# Manhattan and Downtown Toronto Top Venues Comparison: Is the structure of the two Neighborhoods similar?


# 1. Introduction

**Purpose:** The purpose of the analysis is to compare the Top vanues found in the Boroughs of Manhattan (NYC) and DownTown Toronto (TO), using the foursquare API and the data provided during the course. 
Even though the two Boroughs differs in terms of population density and geographical areas, they are the most central Boroughs of the two cities with similarities in terms of architectural strucuture.

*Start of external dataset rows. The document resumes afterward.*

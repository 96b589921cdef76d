-- ===== src/Sync/Pages.antt =====
-- Rows in the order of their times, the pages of them, and the rows that a watermark leaves.
use microfinance_microservic.Common.{
  ℕ, zero, suc, ◌≤◌, ◌<◌, ◌≡◌, refl, ap, Option, none, some, List, [], ◌∷◌, ◌++◌, ltb, length, take,
  drop, All, inl, inr, Bool-cases, arith,
}
use microfinance_microservic.Sync.{newer, last_at}

module _ {A : Type 0} where
  -- No two rows have one time, and they stand in the order of their times.
  abbrev pub Ascending : List (ℕ × A) → Type 0
  Ascending [] = Unit
  Ascending (r ∷ rows) = All (λ s. r.0 < s.0) rows × Ascending rows

  pub take-drop : (n : ℕ) (xs : List (ℕ × A)) → take n xs ++ drop n xs ≡ xs
  take-drop zero xs = refl
  take-drop (suc n) [] = refl
  take-drop (suc n) (x ∷ xs) = rw (take-drop n xs) refl

  pub length-take : (n : ℕ) (xs : List (ℕ × A)) → length (take n xs) ≤ n
  length-take zero xs = omega arith
  length-take (suc n) [] = omega arith
  length-take (suc n) (x ∷ xs) = omega (arith, length-take n xs)

  pub drop_short : (n : ℕ) (xs : List (ℕ × A)) → length (take n xs) < n → drop n xs ≡ []
  drop_short zero xs h = absurd (omega arith)
  drop_short (suc n) [] h = refl
  drop_short (suc n) (x ∷ xs) h = drop_short n xs (omega arith)

  pub newer-split :
      (t : ℕ) (old new : List (ℕ × A))
      → All (λ r. r.0 ≤ t) old
      → All (λ r. t < r.0) new
      → newer (some t) (old ++ new) ≡ new
  unfolding newer
  newer-split t [] [] ho hn = refl
  newer-split t [] ((at, row) ∷ new) ho hn = grind (arith, newer-split t [] new tt hn.1, hn.0)
  newer-split t ((at, row) ∷ old) new ho hn = grind (arith, newer-split t old new ho.1 hn, ho.0)

  pub above :
      (t at : ℕ) (rows : List (ℕ × A)) → t < at → All (λ s. at < s.0) rows → All (λ s. t < s.0) rows
  above t at [] lt h = tt
  above t at (r ∷ rows) lt h = (omega (arith, lt, h.0), above t at rows lt h.1)

  -- The rows that a watermark leaves are the last ones.
  pub newer_last :
      (since : Option ℕ) (rows : List (ℕ × A))
      → Ascending rows
      → (old : List (ℕ × A)) × (rows ≡ old ++ newer since rows)
  unfolding newer
  newer_last none rows h = ([], refl)
  newer_last (some t) [] h = ([], refl)
  newer_last (some t) ((at, row) ∷ rows) h = elim (Bool-cases (ltb t at)) [
    | inl e ↦
        let all = newer-split t [] rows tt (above t at rows (ground arith) h.0) in
        ([], rw (e, all) refl)
    | inr e ↦
        let (old, split) = newer_last (some t) rows h.1 in
        ((at, row) ∷ old, rw e (ap (λ xs. (at, row) ∷ xs) split))
  ]

  pub last_at-All :
      (P : ℕ → Type 0) (at : ℕ) (rows rest : List (ℕ × A))
      → P at
      → All (λ r. P r.0) (rows ++ rest)
      → P (last_at at rows)
  unfolding last_at
  last_at-All P at [] rest h hs = h
  last_at-All P at ((later, row) ∷ rows) rest h hs = last_at-All P later rows rest hs.0 hs.1

  -- The rows up to the last of a page, and those after it.
  pub page_split :
      (at : ℕ) (row : A) (page rest : List (ℕ × A))
      → Ascending ((at, row) ∷ (page ++ rest))
      → All (λ r. r.0 ≤ last_at at page) ((at, row) ∷ page) × All (λ r. last_at at page < r.0) rest
  unfolding last_at
  page_split at row [] rest h = ((omega arith, tt), h.0)
  page_split at row ((later, next) ∷ page) rest h =
      let (before, after) = page_split later next page rest h.1 in
      ((omega (arith, last_at-All (λ t. at < t) later page rest h.0.0 h.0.1), before), after)

  pub after_old :
      (old rest : List (ℕ × A)) (t : ℕ) → All (λ s. t < s.0) (old ++ rest) → All (λ s. t < s.0) rest
  after_old [] rest t h = h
  after_old (o ∷ old) rest t h = after_old old rest t h.1

  pub old_before :
      (old : List (ℕ × A)) (at : ℕ) (row : A) (page rest : List (ℕ × A))
      → Ascending (old ++ (at, row) ∷ (page ++ rest))
      → All (λ r. r.0 ≤ last_at at page) old × Ascending ((at, row) ∷ (page ++ rest))
  old_before [] at row page rest h = (tt, h)
  old_before ((t, o) ∷ old) at row page rest h =
      let (before, sorted) = old_before old at row page rest h.1 in
      let later = after_old old ((at, row) ∷ (page ++ rest)) t h.0 in
      ((omega (arith, last_at-All (λ x. t < x) at page rest later.0 later.1), before), sorted)
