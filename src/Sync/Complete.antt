-- ===== src/Sync/Complete.antt =====
-- What a run of the synchronisation leaves in the warehouse.
use microfinance_microservic.Common.{
  ℕ, zero, suc, ◌+◌, ◌≤◌, ◌<◌, ◌≡◌, refl, sym, ap, ◌∙◌, subst, Bool, some, List, [], ◌∷◌, ◌++◌,
  append_assoc, append-nil, ltb, length, take, drop, length-append, All-append, ◌⊎◌, inl, inr,
  Bool-cases, arith,
}
use microfinance_microservic.Sync.{
  newer, export_since, last_at, Warehouse, Ended, complete, failed, loaded, marked, on_page,
  sync_loop,
}
use microfinance_microservic.Sync.Pages.{
  Ascending, take-drop, length-take, drop_short, newer-split, newer_last, page_split, old_before,
}

module _ {A : Type 0} (load_fails mark_fails : Warehouse A → Bool) where
  -- A run with the rows of the ledger, from a warehouse that lacks `todo` of them. It is complete:
  -- each of them is loaded once, in order, and none is newer than the watermark. Or it has failed
  -- with a first part of them loaded, once and in order; newer than the watermark are the others, after
  -- an end of that part no longer than a page.
  abbrev pub IsConsistent : ℕ → List (ℕ × A) → List (ℕ × A) → Warehouse A → Ended A → Type 0
  IsConsistent limit rows todo w result =
      ((w' : Warehouse A) × (result ≡ complete w')
        × (w'.facts ≡ w.facts ++ todo)
        × (newer w'.watermark rows ≡ []))
      ⊎ ((w' : Warehouse A) × (part again rest : List (ℕ × A)) × (result ≡ failed w')
          × (todo ≡ part ++ (again ++ rest))
          × (w'.facts ≡ w.facts ++ (part ++ again))
          × (newer w'.watermark rows ≡ again ++ rest)
          × (length again ≤ limit))

  advanced :
      (rows old rest : List (ℕ × A)) (at : ℕ) (row : A) (page : List (ℕ × A))
      → Ascending rows
      → rows ≡ old ++ (at, row) ∷ (page ++ rest)
      → newer (some (last_at at page)) rows ≡ rest
  advanced rows old rest at row page sorted e =
      let (before, tail) = old_before old at row page rest (rw e at sorted) in
      let (here, after) = page_split at row page rest tail in
      rw (e, sym (append_assoc old ((at, row) ∷ page) rest))
        (newer-split (last_at at page) (old ++ (at, row) ∷ page) rest
          (All-append (λ r. r.0 ≤ last_at at page) old ((at, row) ∷ page) before here) after)

  continue :
      (limit : ℕ) (rows page rest : List (ℕ × A)) (w w2 : Warehouse A) (result : Ended A)
      → w2.facts ≡ w.facts ++ page
      → IsConsistent limit rows rest w2 result
      → IsConsistent limit rows (page ++ rest) w result
  continue limit rows page rest w w2 result facts (inl (w', e, all, none_newer)) =
      inl (w', e, all ∙ rw facts (append_assoc w.facts page rest), none_newer)
  continue limit rows page rest w w2 result facts
        (inr (w', part, again, left, e, split, all, more, few)) =
      inr (
        w',
        page ++ part,
        again,
        left,
        e,
        rw split (sym (append_assoc page part (again ++ left))),
        all ∙ rw (facts, append_assoc page part again) (append_assoc w.facts page (part ++ again)),
        more,
        few,
      )

  on_page-IsConsistent :
      (loop : Warehouse A → Ended A) (limit : ℕ) (rows old page rest : List (ℕ × A))
      (w : Warehouse A)
      → Ascending rows
      → rows ≡ old ++ (page ++ rest)
      → newer w.watermark rows ≡ page ++ rest
      → 1 ≤ limit
      → length page ≤ limit
      → (length page < limit → rest ≡ [])
      → ((w2 : Warehouse A)
          → 1 ≤ length page
          → newer w2.watermark rows ≡ rest
          → IsConsistent limit rows rest w2 (loop w2))
      → IsConsistent limit rows (page ++ rest) w (on_page load_fails mark_fails loop limit page w)
  unfolding on_page
  on_page-IsConsistent loop limit rows old [] rest w sorted e now lo few short next =
      let over : rest ≡ [] = short lo in
      inl (w, refl, rw over (sym (append-nil w.facts)), now ∙ over)
  on_page-IsConsistent loop limit rows old ((at, row) ∷ page) rest w sorted e now lo few short
        next =
      let newest = advanced rows old rest at row page sorted e in
      let w1 : Warehouse A = loaded load_fails mark_fails ((at, row) ∷ page) w in
      let w2 : Warehouse A = marked load_fails mark_fails (last_at at page) w1 in
      elim (Bool-cases (load_fails w)) [
        | inl no_load ↦ rw no_load (
            inr (
              w,
              [],
              [],
              (at, row) ∷ (page ++ rest),
              refl,
              refl,
              sym (append-nil w.facts),
              now,
              omega arith,
            ))
        | inr load ↦ elim (Bool-cases (mark_fails w1)) [
          | inl no_mark ↦
              rw (load, no_mark) (inr (w1, [], (at, row) ∷ page, rest, refl, refl, refl, now, few))
          | inr mark ↦ elim (Bool-cases (ltb (suc (length page)) limit)) [
            | inl last ↦
                let over : rest ≡ [] = short (ground arith) in
                rw (load, mark, last)
                  (inl (w2, refl, rw (over, append-nil page) refl, newest ∙ over))
            | inr full ↦
                rw (load, mark, full)
                  (continue limit rows ((at, row) ∷ page) rest w w2 (loop w2) refl
                    (next w2 (omega arith) newest))
          ]
        ]
      ]

  sync_loop-step :
      (fuel limit : ℕ) (rows old todo : List (ℕ × A)) (w : Warehouse A)
      → Ascending rows
      → rows ≡ old ++ todo
      → newer w.watermark rows ≡ todo
      → 1 ≤ limit
      → length todo < fuel
      → IsConsistent limit rows todo w (sync_loop load_fails mark_fails fuel limit rows w)
  unfolding sync_loop export_since
  sync_loop-step zero limit rows old todo w sorted e now lo enough = absurd (omega arith)
  sync_loop-step (suc fuel) limit rows old todo w sorted e now lo enough =
      let page : List (ℕ × A) = take limit todo in
      let rest : List (ℕ × A) = drop limit todo in
      let whole : page ++ rest ≡ todo = take-drop limit todo in
      let size : length page + length rest ≡ length todo =
        sym (length-append page rest) ∙ ap length whole in
      let split : rows ≡ old ++ (page ++ rest) = e ∙ rw whole refl in
      subst
        (λ rs. IsConsistent limit rows rs w (
          on_page load_fails mark_fails (sync_loop load_fails mark_fails fuel limit rows) limit
            (take limit (newer w.watermark rows)) w))
        whole
        (rw now (
          on_page-IsConsistent (sync_loop load_fails mark_fails fuel limit rows) limit rows old page
            rest w sorted split (now ∙ sym whole) lo (length-take limit todo)
            (drop_short limit todo)
            (λ w2 some_page newest.
              sync_loop-step fuel limit rows (old ++ page) rest w2 sorted
                (split ∙ sym (append_assoc old page rest)) newest lo
                (omega (arith, size, enough, some_page)))))

  -- Where the rows stand in the order of their times, no two of them have one time and none is added during
  -- the run, a run with fuel for more than the rows that the warehouse lacks ends. It is complete, with each of these rows loaded once and in order, and none of them newer
  -- than the watermark; or a call of the warehouse has failed, a first part of them is loaded, once
  -- and in order, and newer than the watermark are the others, with an end of that part that is no
  -- longer than a page.
  pub sync_loop-IsConsistent :
      (fuel limit : ℕ) (rows : List (ℕ × A)) (w : Warehouse A)
      → Ascending rows
      → 1 ≤ limit
      → length (newer w.watermark rows) < fuel
      → IsConsistent limit rows
          (newer w.watermark rows)
          w
          (sync_loop load_fails mark_fails fuel limit rows w)
  sync_loop-IsConsistent fuel limit rows w sorted lo enough =
      let (old, split) = newer_last w.watermark rows sorted in
      sync_loop-step fuel limit rows old (newer w.watermark rows) w sorted split refl lo enough
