-- ===== src/Sync/Tests.antt =====
-- Runs of the synchronisation, and an instance of its theorem.
use microfinance_microservic.Common.{
  ℕ, ◌≡◌, refl, String, Bool, true, false, none, some, List, [], ◌∷◌, arith,
}
use microfinance_microservic.Sync.{
  newer, export_since, last_at, Warehouse, complete, on_page, sync_loop,
}
use microfinance_microservic.Sync.Complete.{IsConsistent, sync_loop-IsConsistent}

abbrev never : Warehouse String → Bool
never w = false

-- The load of the second page fails.
abbrev second : Warehouse String → Bool
second w = elim w.facts [ [] ↦ false | ◌∷◌ r rows ↦ true ]

abbrev empty : Warehouse String
empty = record { watermark = none; facts = [] }

abbrev rows : List (ℕ × String)
rows = (1, "a") ∷ (2, "b") ∷ (4, "c") ∷ []

sync_loop-IsConsistent_example :
    IsConsistent second never 2 rows rows empty (sync_loop second never 4 2 rows empty)
unfolding newer
sync_loop-IsConsistent_example =
    sync_loop-IsConsistent second never 4 2 rows empty
      ((omega arith, (omega arith, tt)), ((omega arith, tt), (tt, tt))) (omega arith) (omega arith)

-- Two rows of one time on either side of the end of a page: the second is never loaded.
skipped :
    sync_loop never never 4 1 ((1, "a") ∷ (1, "b") ∷ []) empty
    ≡ complete (record { watermark = some 1; facts = (1, "a") ∷ [] })
unfolding sync_loop on_page export_since newer last_at
skipped = refl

Are Top vanues in the two cities showing similar patterns?
Here below the steps of the analysis:


**1.** Import and preprocess the data from the web in order to identify the location and the Neighborhoods belonging to the two Boroughs.


**2.** Run a cluster Analysis on the 2 boroughs and idenfy the clusters showing more density, assuning that we can use these cluster as a sample to generalyse behaviours on trending venues.


**3.** Encode the data, select the top 3 trending venues for each cluster, compute the frequency of each venue and then run correlation and regression analysis to see how the trending venues are similar.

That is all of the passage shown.